The amendments submitted to the approval of today's UniCredit Shareholders' Meeting - which do not trigger the right of withdrawal of the ordinary and savings shareholders pursuant to art. 2437 of the Civil Code - are subject to the authorization of the Supervisory Authorities' pursuant to Sec. 56 of the Legislative Decree 385/93.



Dear Shareholders,

in relation to the above, considering as approved by today's Ordinary Shareholders' Meeting the adoption of the 2021 Group Incentive System, you are invited to approve the following resolution:

"Having heard the Directors' report, the Extraordinary Shareholders' Meeting of UniCredit S.p.A,

RESOLVES

  • to grant the Board of Directors, under the provisions of section 2443 of the Italian Civil Code, the authority to resolve - in one or more instances for a maximum period of five years from the date of shareholders' resolution - to carry out a free capital increase, as allowed by section 2349 of the Italian Civil Code, for a maximum amount of Euro 176,024,708 corresponding to up to 18,700,000 ordinary shares, to be granted to employees of UniCredit S.p.A. and of Group banks and companies, who hold positions of particular importance for the purposes of achieving the Group's overall objectives in execution of the 2021 System approved by today's Ordinary Meeting.

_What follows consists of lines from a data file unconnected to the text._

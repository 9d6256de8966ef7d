-- ===== src/Engine/Msg.antt =====
-- The messages of a plan, of crates/bsrs/src/core/msg.rs.
-- The record `Parts` has what a message carries and the engine hands on: device objects behind
-- `Arc<dyn …>`, all of one type here, callbacks, boxed values, durations, documents.
use bsrs.Prelude.{ℕ, Bool, true, false, String, Option, none, some, List}

pub record Parts : Type 1 where
  pub Object : Type 0
  pub name : Object → String
  pub Value : Type 0
  pub Float : Type 0
  pub Duration : Type 0
  pub Factory : Type 0
  pub Callback : Type 0
  pub Filter : Type 0
  pub Boxed : Type 0
  pub Doc : Type 0
  pub Sink : Type 0
  pub Thrown : Type 0
  pub StreamObjs : Type 0

pub record RunMetadata (P : Parts) : Type 0 where
  pub scan_id : Option ℕ
  pub extra : List (String × P.Value)
  pub plan_name : Option String

pub data Msg (P : Parts) : Type 0 where
  open_run : RunMetadata P → Msg P
  close_run : (exit_status : String) (reason : Option String) → Msg P
  in_run : (run : String) (inner : Msg P) → Msg P
  create : (stream_name : String) → Msg P
  save drop_msg : Msg P
  declare_stream : (stream_name : String) (objs : P.StreamObjs) → Msg P
  read : P.Object → Msg P
  set_msg : (obj : P.Object) (value : P.Float) (group : Option String) → Msg P
  trigger : (obj : P.Object) (group : Option String) → Msg P
  stage unstage : P.Object → Msg P
  stop : (obj : P.Object) (success : Bool) → Msg P
  kickoff complete : (obj : P.Object) (group : Option String) → Msg P
  collect : (obj : P.Object) (stream_name : Option String) → Msg P
  locate : P.Object → Msg P
  monitor : (obj : P.Object) (name : Option String) → Msg P
  unmonitor : P.Object → Msg P
  wait : (group : String) (error_on_timeout : Bool) (timeout : Option P.Duration) → Msg P
  sleep : P.Duration → Msg P
  checkpoint clear_checkpoint : Msg P
  pause : (defer : Bool) → Msg P
  configure : (obj : P.Object) (args : List (String × P.Value)) → Msg P
  prepare : (obj : P.Object) (value : P.Value) (group : Option String) → Msg P
  wait_for : (factories : List P.Factory) (timeout : Option P.Duration) → Msg P
  register_pausable unregister_pausable : P.Object → Msg P
  input : (prompt : String) → Msg P
  re_class : Msg P
  subscribe : (cb : P.Callback) (filter : P.Filter) → Msg P
  unsubscribe : ℕ → Msg P
  fail : String → Msg P
  raise : P.Thrown → Msg P
  resume : Msg P
  install_suspender : (id : ℕ) (suspender : P.Boxed) → Msg P
  remove_suspender : (id : ℕ) → Msg P
  rewindable : Bool → Msg P
  custom : (name : String) (payload : P.Boxed) → Msg P
  publish : P.Doc → Msg P
  push_contingency : P.Sink → Msg P
  pop_contingency null : Msg P

module _ {P : Parts} where
  unfoldable pub is_cacheable : Msg P → Bool
  is_cacheable (in_run run inner) = is_cacheable inner
  is_cacheable (open_run m) = false
  is_cacheable (close_run s r) = false
  is_cacheable (pause d) = false
  is_cacheable resume = false
  is_cacheable checkpoint = false
  is_cacheable clear_checkpoint = false
  is_cacheable (monitor o n) = false
  is_cacheable (unmonitor o) = false
  is_cacheable (install_suspender i s) = false
  is_cacheable (remove_suspender i) = false
  is_cacheable (register_pausable o) = false
  is_cacheable (unregister_pausable o) = false
  is_cacheable (rewindable b) = false
  is_cacheable (custom n p) = false
  is_cacheable (publish d) = false
  is_cacheable (locate o) = false
  is_cacheable (input p) = false
  is_cacheable re_class = false
  is_cacheable (subscribe c f) = false
  is_cacheable (unsubscribe i) = false
  is_cacheable (fail s) = false
  is_cacheable (raise t) = false
  is_cacheable (push_contingency s) = false
  is_cacheable pop_contingency = false
  is_cacheable null = false
  is_cacheable _ = true

  unfoldable pub obj_name : Msg P → Option String
  obj_name (in_run run inner) = obj_name inner
  obj_name (read o) = some (P.name o)
  obj_name (set_msg o v g) = some (P.name o)
  obj_name (trigger o g) = some (P.name o)
  obj_name (locate o) = some (P.name o)
  obj_name (stage o) = some (P.name o)
  obj_name (unstage o) = some (P.name o)
  obj_name (stop o s) = some (P.name o)
  obj_name (kickoff o g) = some (P.name o)
  obj_name (complete o g) = some (P.name o)
  obj_name (collect o s) = some (P.name o)
  obj_name (monitor o n) = some (P.name o)
  obj_name (unmonitor o) = some (P.name o)
  obj_name (configure o a) = some (P.name o)
  obj_name (prepare o v g) = some (P.name o)
  obj_name (register_pausable o) = some (P.name o)
  obj_name (unregister_pausable o) = some (P.name o)
  obj_name _ = none

  -- `in_run`
  unfoldable pub wrap_in_run : String → Msg P → Msg P
  wrap_in_run run inner = in_run run inner
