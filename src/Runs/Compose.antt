-- ===== src/Runs/Compose.antt =====
-- crates/bsrs/src/event_model/compose.rs: `RunBundle`, the composer of one run's documents.
-- The UUID and the time that an operation draws are arguments, `uid` and `time`. Each operation
-- holds the lock on `streams`, so it is one step.
pub mod Sequences
pub mod Announced
use bsrs.Prelude.{
  ℕ, zero, suc, ◌+◌, ◌%◌, Bool, true, false, String, Option, none, some, List, [], ◌∷◌, map,
  if◌then◌else◌,
}
use bsrs.Prelude.Maps.{lookup, insert, modify, over}
use text.Mathlib.Text.{starts_with}
use bsrs.Runs.Documents.{
  Payload, Fields, DataKey, Configuration, PerObjectHint, EventDescriptor, Event, EventPage,
  RunStop, from_str,
}

abbrev pub u64_modulus : ℕ
u64_modulus = 18446744073709551616

-- `fetch_add` on an `AtomicU64`, which wraps.
abbrev pub wrapping_add : ℕ → ℕ → ℕ
wrapping_add a b = (a + b) % u64_modulus

pub record StreamState (P : Payload) : Type 0 where
  pub descriptor : EventDescriptor P
  pub seq_num : ℕ

pub record RunBundle (P : Payload) : Type 0 where
  pub start_uid : String
  pub streams : Fields (StreamState P)

-- `(1..=n).map(|j| start + j)`
unfoldable pub seq_run : ℕ → ℕ → List ℕ
seq_run start zero = []
seq_run start (suc n) = wrapping_add start 1 ∷ seq_run (wrapping_add start 1) n

-- `(0..n).map(|_| x)`
unfoldable pub repeat : {A : Type 0} → ℕ → (ℕ → A) → List A
repeat zero f = []
repeat (suc n) f = f 0 ∷ repeat n (λ k. f (suc k))

abbrev pub or_zero : Option ℕ → ℕ
or_zero none = 0
or_zero (some n) = n

module _ {P : Payload} where
  unfoldable pub open_run : String → RunBundle P
  open_run uid = record { start_uid = uid; streams = [] }

  unfoldable pub descriptor :
      String
      → P.Float
      → RunBundle P
      → String
      → Fields (DataKey P)
      → Fields (Configuration P)
      → Option (Fields PerObjectHint)
      → Fields (List String)
      → RunBundle P × (EventDescriptor P × Bool)
  descriptor uid time b name data_keys configuration hints object_keys =
      elim (lookup name b.streams) [
        | some st ↦ (b, (st.descriptor, false))
        | none ↦
            let d : EventDescriptor P = record {
              uid = uid;
              run_start = b.start_uid;
              time = time;
              data_keys = data_keys;
              configuration = configuration;
              name = some name;
              hints = hints;
              object_keys = object_keys;
            } in
            (
              record b { streams = insert name (record { descriptor = d; seq_num = 0 }) b.streams },
              (d, true),
            )
      ]

  unfoldable pub compose_redescribe :
      String
      → P.Float
      → RunBundle P
      → String
      → String
      → Configuration P
      → Option (EventDescriptor P)
  compose_redescribe uid time b stream_name object_name configuration =
      elim (lookup stream_name b.streams) [
        | none ↦ none
        | some st ↦ elim (lookup object_name st.descriptor.configuration) [
          | none ↦ none
          | some _ ↦ some (record st.descriptor {
            uid = uid;
            time = time;
            configuration = insert object_name configuration st.descriptor.configuration;
          })
        ]
      ]

  unfoldable pub install_descriptor : RunBundle P → String → EventDescriptor P → RunBundle P
  install_descriptor b stream_name d = record b {
    streams = modify stream_name (λ st. record st { descriptor = d }) b.streams;
  }

  -- `fetch_add` on the counter of a stream.
  unfoldable pub bump_seq : RunBundle P → String → ℕ → RunBundle P
  bump_seq b stream_name n = record b {
    streams =
        modify stream_name (λ st. record st { seq_num = wrapping_add st.seq_num n }) b.streams;
  }

  unfoldable pub event :
      String
      → P.Float
      → RunBundle P
      → String
      → Fields P.Value
      → Fields P.Float
      → RunBundle P × Option (Event P)
  unfolding bump_seq
  event uid time b stream_name values timestamps = elim (lookup stream_name b.streams) [
    | none ↦ (b, none)
    | some st ↦ (
      bump_seq b stream_name 1,
      some (record {
        uid = uid;
        descriptor = st.descriptor.uid;
        time = time;
        seq_num = wrapping_add st.seq_num 1;
        «data» = values;
        timestamps = timestamps;
        filled = [];
      }),
    )
  ]

  unfoldable pub event_page :
      (ℕ → String)
      → P.Float
      → RunBundle P
      → String
      → Fields (List P.Value)
      → Fields (List P.Float)
      → ℕ
      → RunBundle P × Option (EventPage P)
  unfolding bump_seq seq_run repeat
  event_page uids time b stream_name values timestamps n = elim (lookup stream_name b.streams) [
    | none ↦ (b, none)
    | some st ↦ (
      bump_seq b stream_name n,
      some (record {
        uid = repeat n uids;
        descriptor = st.descriptor.uid;
        time = repeat n (λ _. time);
        seq_num = seq_run st.seq_num n;
        «data» = values;
        timestamps = timestamps;
        filled = [];
      }),
    )
  ]

  unfoldable pub peek_next_seq : RunBundle P → String → Option ℕ
  peek_next_seq b stream_name =
      over (λ st. wrapping_add st.seq_num 1) (lookup stream_name b.streams)

  unfoldable pub advance_seq : RunBundle P → String → ℕ → RunBundle P × Bool
  unfolding bump_seq
  advance_seq b stream_name n = elim (lookup stream_name b.streams) [
    | none ↦ (b, false)
    | some _ ↦ (bump_seq b stream_name n, true)
  ]

  abbrev pub is_external : DataKey P → Bool
  is_external dk = elim dk.external [ none ↦ false | some e ↦ starts_with e "STREAM:" ]

  unfoldable pub external_keys : Fields (DataKey P) → List String
  external_keys [] = []
  external_keys ((k, dk) ∷ ks) =
      let rest = external_keys ks in if is_external dk then k ∷ rest else rest

  unfoldable pub external_data_keys : RunBundle P → String → Option (List String)
  unfolding external_keys
  external_data_keys b stream_name =
      over (λ st. external_keys st.descriptor.data_keys) (lookup stream_name b.streams)

  unfoldable pub snapshot_seq_nums : RunBundle P → Fields ℕ
  snapshot_seq_nums b = map (λ e. (e.0, e.1.seq_num)) b.streams

  unfoldable pub restore_seq_nums : RunBundle P → Fields ℕ → RunBundle P
  restore_seq_nums b snapshot = record b {
    streams = map (λ e. (e.0, record e.1 { seq_num = or_zero (lookup e.0 snapshot) })) b.streams;
  }

  -- `none` is the panic of `expect` at an exit status outside the schema.
  unfoldable pub stop : String → P.Float → RunBundle P → String → Option String → Option (RunStop P)
  unfolding from_str snapshot_seq_nums
  stop uid time b exit_status reason =
      over
        (λ s. record {
          uid = uid;
          run_start = b.start_uid;
          time = time;
          exit_status = s;
          reason = reason;
          num_events = snapshot_seq_nums b;
          data_type = none;
          extra = [];
        })
        (from_str exit_status)

  unfoldable pub descriptor_uid_for : RunBundle P → String → Option String
  descriptor_uid_for b stream_name = over (λ st. st.descriptor.uid) (lookup stream_name b.streams)
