-- ===== src/Tests/Samples.antt =====
-- A small tenant: a workspace with an owner, a subscription, a Zalo account, a contact and a campaign.
use tool_messager.Prelude.{[], codes, false, none, some, true, ◌∷◌}
use tool_messager.Shared.{opted_in, zalo}
use tool_messager.Access.{owner}
use tool_messager.Store.{
  Campaign, CampaignStatus, Contact, ContactStatus, Db, Limits, MemberStatus, Message,
  MessageTemplate, SocialAccount, Subscription, SubscriptionStatus, TenantStatus, Workspace, basic,
  client_key, connected, counted, no_metadata, not_object, of_contact, outbound, queued,
}

abbrev pub limits : Limits
limits = record {
  max_zalo_accounts = 1;
  max_users = 2;
  max_contacts = 10;
  max_campaigns = 2;
  max_messages_per_day = 5;
  max_messages_per_month = 50;
  max_storage_bytes = 1000;
  automation_enabled = true;
  analytics_enabled = false;
  api_enabled = false;
}

abbrev pub tenant_workspace : Workspace
tenant_workspace = record {
  id = 1;
  status = TenantStatus.active;
  suspended_at = none;
  deleted_at = none;
}

abbrev pub subscription : Subscription
subscription = record {
  id = 4;
  workspace_id = 1;
  plan_code = basic;
  plan = limits;
  start_at = 10;
  end_at = 90000000000;
  status = SubscriptionStatus.active;
  overrides = not_object;
}

abbrev pub account : SocialAccount
account = record {
  id = 5;
  workspace_id = 1;
  platform = zalo;
  platform_account_id = codes "oa";
  username = none;
  display_name = codes "OA";
  avatar_url = none;
  metadata = no_metadata;
  status = connected;
  permissions = [];
  token_expires_at = none;
  last_error_code = none;
  credential = some record {
    encrypted_access_token = codes "sealed";
    encrypted_refresh_token = none;
    token_version = 1;
  };
  deleted_at = none;
}

abbrev pub contact : Contact
contact = record {
  id = 6;
  workspace_id = 1;
  platform = zalo;
  platform_user_id = some (codes "u6");
  display_name = codes "An Binh";
  username = none;
  phone = none;
  normalized_phone = none;
  email = none;
  gender = none;
  source = none;
  consent_status = opted_in;
  suppressed = false;
  status = ContactStatus.active;
  deleted_at = none;
}

abbrev pub template : MessageTemplate
template = record {
  id = 7;
  workspace_id = 1;
  name = codes "T";
  content = codes "Hi";
  variables = [];
  version = 1;
  status = codes "ACTIVE";
  deleted_at = none;
}

abbrev pub campaign : Campaign
campaign = record {
  id = 8;
  workspace_id = 1;
  account_id = some 5;
  template_id = some 7;
  platform = zalo;
  promotional = true;
  scheduled_at = none;
  status = CampaignStatus.pending_approval;
  statistics = counted 0 0 0 0;
  approved_by = none;
  approved_at = none;
  deleted_at = none;
}

abbrev pub message : Message
message = record {
  id = 9;
  workspace_id = 1;
  conversation_id = 3;
  account_id = 5;
  platform = zalo;
  platform_message_id = none;
  idempotency_key = client_key (codes "k");
  sender_id = codes "oa";
  receiver_id = codes "u6";
  content = codes "Hi";
  direction = outbound;
  status = queued;
  timestamp = 20;
  created_at = 20;
  error_code = none;
  promotional = false;
}

-- The tenant before anything was sent.
abbrev pub quiet_db : Db
quiet_db = record {
  next_id = 100;
  control = none;
  workspaces = tenant_workspace ∷ [];
  members =
      record { workspace_id = 1; user_id = 2; role = owner; status = MemberStatus.active } ∷ [];
  support_sessions = [];
  subscriptions = subscription ∷ [];
  accounts = account ∷ [];
  contacts = contact ∷ [];
  consents = [];
  suppressions = [];
  templates = template ∷ [];
  segments = [];
  contact_tags = [];
  campaigns = campaign ∷ [];
  audience =
      record { campaign_id = 8; contact_id = 6; included = true; excluded_reason = none } ∷ [];
  campaign_messages = [];
  conversations =
      record { id = 3; workspace_id = 1; account_id = 5; key = of_contact 6; contact_id = some 6 }
      ∷ [];
  messages = [];
  message_events = [];
  posts = [];
  jobs = [];
  queue = [];
  notifications = [];
  audits = [];
  rates = [];
  import_jobs = [];
  import_rows = [];
  webhook_events = [];
  oauth_states = [];
  tags = [];
  sync_jobs = [];
  post_schedules = [];
  media = [];
  paused_queues = [];
}

abbrev pub message_db : Db
message_db = record quiet_db { messages = message ∷ [] }

abbrev pub set_only_campaign : CampaignStatus → Db
set_only_campaign s = record quiet_db { campaigns = record campaign { status = s } ∷ [] }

Such an increase in capital shall be carried out using the special reserve known as "Provisions Linked to the Medium Term Incentive System for Group Employees" set up for this purpose which, if needed, may be restored or increased via allocation of a portion of profits or available statutory reserves, formed from the distribution of company profits that shall be identified by the Board of Directors at the moment of share issuance;
  • further to the resolution passed in the previous point, to insert a new last paragraph, being number 10, in clause 6 of the Articles of Association with the following text:

"The Board of Directors has the power, under the provisions of section 2443 of the Italian Civil Code, to resolve, on one or more occasions for a maximum period of five years starting from the shareholders' resolution dated April 15th , 2021, to carry out a free capital increase, as allowed by section 2349 of the Italian Civil Code, for a maximum amount of Euro 176,024,708 corresponding to up to 18,700,000 ordinary shares, to be granted to employees of UniCredit and of Group banks and companies who hold positions of particular importance for the purposes of achieving the Group's overall objectives in execution of 2021 Group Incentive System";

  • to delegate to the Board of Directors all the necessary powers for issuing the new shares as well as consequently amend the Articles of Association;
  • to give to the Chairman, to the Chief Executive Officer and to the Head of Group Human Capital, also separately and with the power to further delegate the Executive Staff of the Company, every opportune power of attorney to:
    • (i) provide for implementing the above resolutions under the terms of law;
    • (ii) accept or adopt all amendments and additions (not changing substantially the content of the resolutions) which should be necessary for the registration at the Register of Companies;
    • (iii) proceed with the deposit and registration, under terms of law, with explicit and advanced approval and ratification, of the adopted resolution and of the text of the Article of Association updated as aforementioned."